* [EXERCISE DIRECTIONS]
Set down, please, exactly the lines below that run from the line with "let page' = record" to the line with "unfoldable pub allocate", both lines included.

Stored data entries:
----

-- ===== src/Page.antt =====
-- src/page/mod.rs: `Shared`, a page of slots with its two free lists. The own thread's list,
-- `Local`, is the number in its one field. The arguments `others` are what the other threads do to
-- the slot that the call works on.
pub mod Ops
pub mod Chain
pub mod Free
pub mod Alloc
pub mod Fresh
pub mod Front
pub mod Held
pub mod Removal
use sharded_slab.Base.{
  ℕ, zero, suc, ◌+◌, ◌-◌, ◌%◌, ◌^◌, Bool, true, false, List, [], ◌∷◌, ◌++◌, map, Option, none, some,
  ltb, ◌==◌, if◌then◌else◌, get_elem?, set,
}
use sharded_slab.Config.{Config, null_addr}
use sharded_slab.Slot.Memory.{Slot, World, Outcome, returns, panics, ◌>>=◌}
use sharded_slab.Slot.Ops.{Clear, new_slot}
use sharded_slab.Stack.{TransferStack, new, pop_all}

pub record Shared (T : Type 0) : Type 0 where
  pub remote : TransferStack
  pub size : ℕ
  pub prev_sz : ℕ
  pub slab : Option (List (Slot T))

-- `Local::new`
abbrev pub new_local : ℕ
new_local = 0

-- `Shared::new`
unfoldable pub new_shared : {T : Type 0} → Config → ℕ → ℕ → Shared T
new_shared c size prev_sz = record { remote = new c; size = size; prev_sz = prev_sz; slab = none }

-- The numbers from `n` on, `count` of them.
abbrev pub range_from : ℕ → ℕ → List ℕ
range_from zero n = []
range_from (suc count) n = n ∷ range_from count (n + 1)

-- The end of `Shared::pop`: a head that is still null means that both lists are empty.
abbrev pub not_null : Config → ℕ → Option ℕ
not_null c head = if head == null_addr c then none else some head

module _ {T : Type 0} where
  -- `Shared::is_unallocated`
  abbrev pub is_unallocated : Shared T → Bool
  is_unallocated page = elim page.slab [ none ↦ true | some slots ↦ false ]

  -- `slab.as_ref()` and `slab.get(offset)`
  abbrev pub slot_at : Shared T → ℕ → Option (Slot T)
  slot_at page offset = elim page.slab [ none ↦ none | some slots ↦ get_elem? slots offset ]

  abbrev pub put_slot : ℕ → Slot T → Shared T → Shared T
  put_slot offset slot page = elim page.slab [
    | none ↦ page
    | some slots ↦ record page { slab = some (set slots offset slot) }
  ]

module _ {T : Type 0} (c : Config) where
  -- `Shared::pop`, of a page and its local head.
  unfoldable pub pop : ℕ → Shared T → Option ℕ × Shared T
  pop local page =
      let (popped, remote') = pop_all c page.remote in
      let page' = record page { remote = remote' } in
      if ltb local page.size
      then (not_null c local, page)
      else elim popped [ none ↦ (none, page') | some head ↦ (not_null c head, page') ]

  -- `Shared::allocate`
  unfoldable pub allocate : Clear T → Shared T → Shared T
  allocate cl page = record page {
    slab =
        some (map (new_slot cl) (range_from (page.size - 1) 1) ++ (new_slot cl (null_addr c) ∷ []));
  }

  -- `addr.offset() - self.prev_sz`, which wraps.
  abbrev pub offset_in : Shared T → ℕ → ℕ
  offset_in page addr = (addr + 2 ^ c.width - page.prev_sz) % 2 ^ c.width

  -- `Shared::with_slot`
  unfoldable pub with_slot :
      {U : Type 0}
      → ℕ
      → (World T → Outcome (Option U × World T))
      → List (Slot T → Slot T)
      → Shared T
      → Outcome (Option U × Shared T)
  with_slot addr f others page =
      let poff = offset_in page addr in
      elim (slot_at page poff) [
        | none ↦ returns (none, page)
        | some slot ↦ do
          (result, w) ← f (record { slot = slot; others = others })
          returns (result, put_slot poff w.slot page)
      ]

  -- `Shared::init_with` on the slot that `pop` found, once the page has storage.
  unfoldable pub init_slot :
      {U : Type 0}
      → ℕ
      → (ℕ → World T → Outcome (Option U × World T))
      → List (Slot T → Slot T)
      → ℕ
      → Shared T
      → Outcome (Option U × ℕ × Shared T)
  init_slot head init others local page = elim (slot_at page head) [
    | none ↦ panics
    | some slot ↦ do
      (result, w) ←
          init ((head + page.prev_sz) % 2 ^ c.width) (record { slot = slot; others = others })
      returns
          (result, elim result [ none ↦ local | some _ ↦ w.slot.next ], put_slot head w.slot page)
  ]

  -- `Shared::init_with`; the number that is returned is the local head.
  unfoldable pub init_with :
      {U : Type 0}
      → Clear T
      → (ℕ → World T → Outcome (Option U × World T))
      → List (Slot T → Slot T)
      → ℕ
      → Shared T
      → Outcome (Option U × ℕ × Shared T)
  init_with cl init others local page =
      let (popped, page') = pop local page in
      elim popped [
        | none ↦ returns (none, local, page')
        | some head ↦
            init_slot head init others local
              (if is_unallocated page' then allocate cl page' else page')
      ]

----

* [RESULT OF THIS EXERCISE]
      let page' = record page { remote = remote' } in
      if ltb local page.size
      then (not_null c local, page)
      else elim popped [ none ↦ (none, page') | some head ↦ (not_null c head, page') ]

  -- `Shared::allocate`
  unfoldable pub allocate : Clear T → Shared T → Shared T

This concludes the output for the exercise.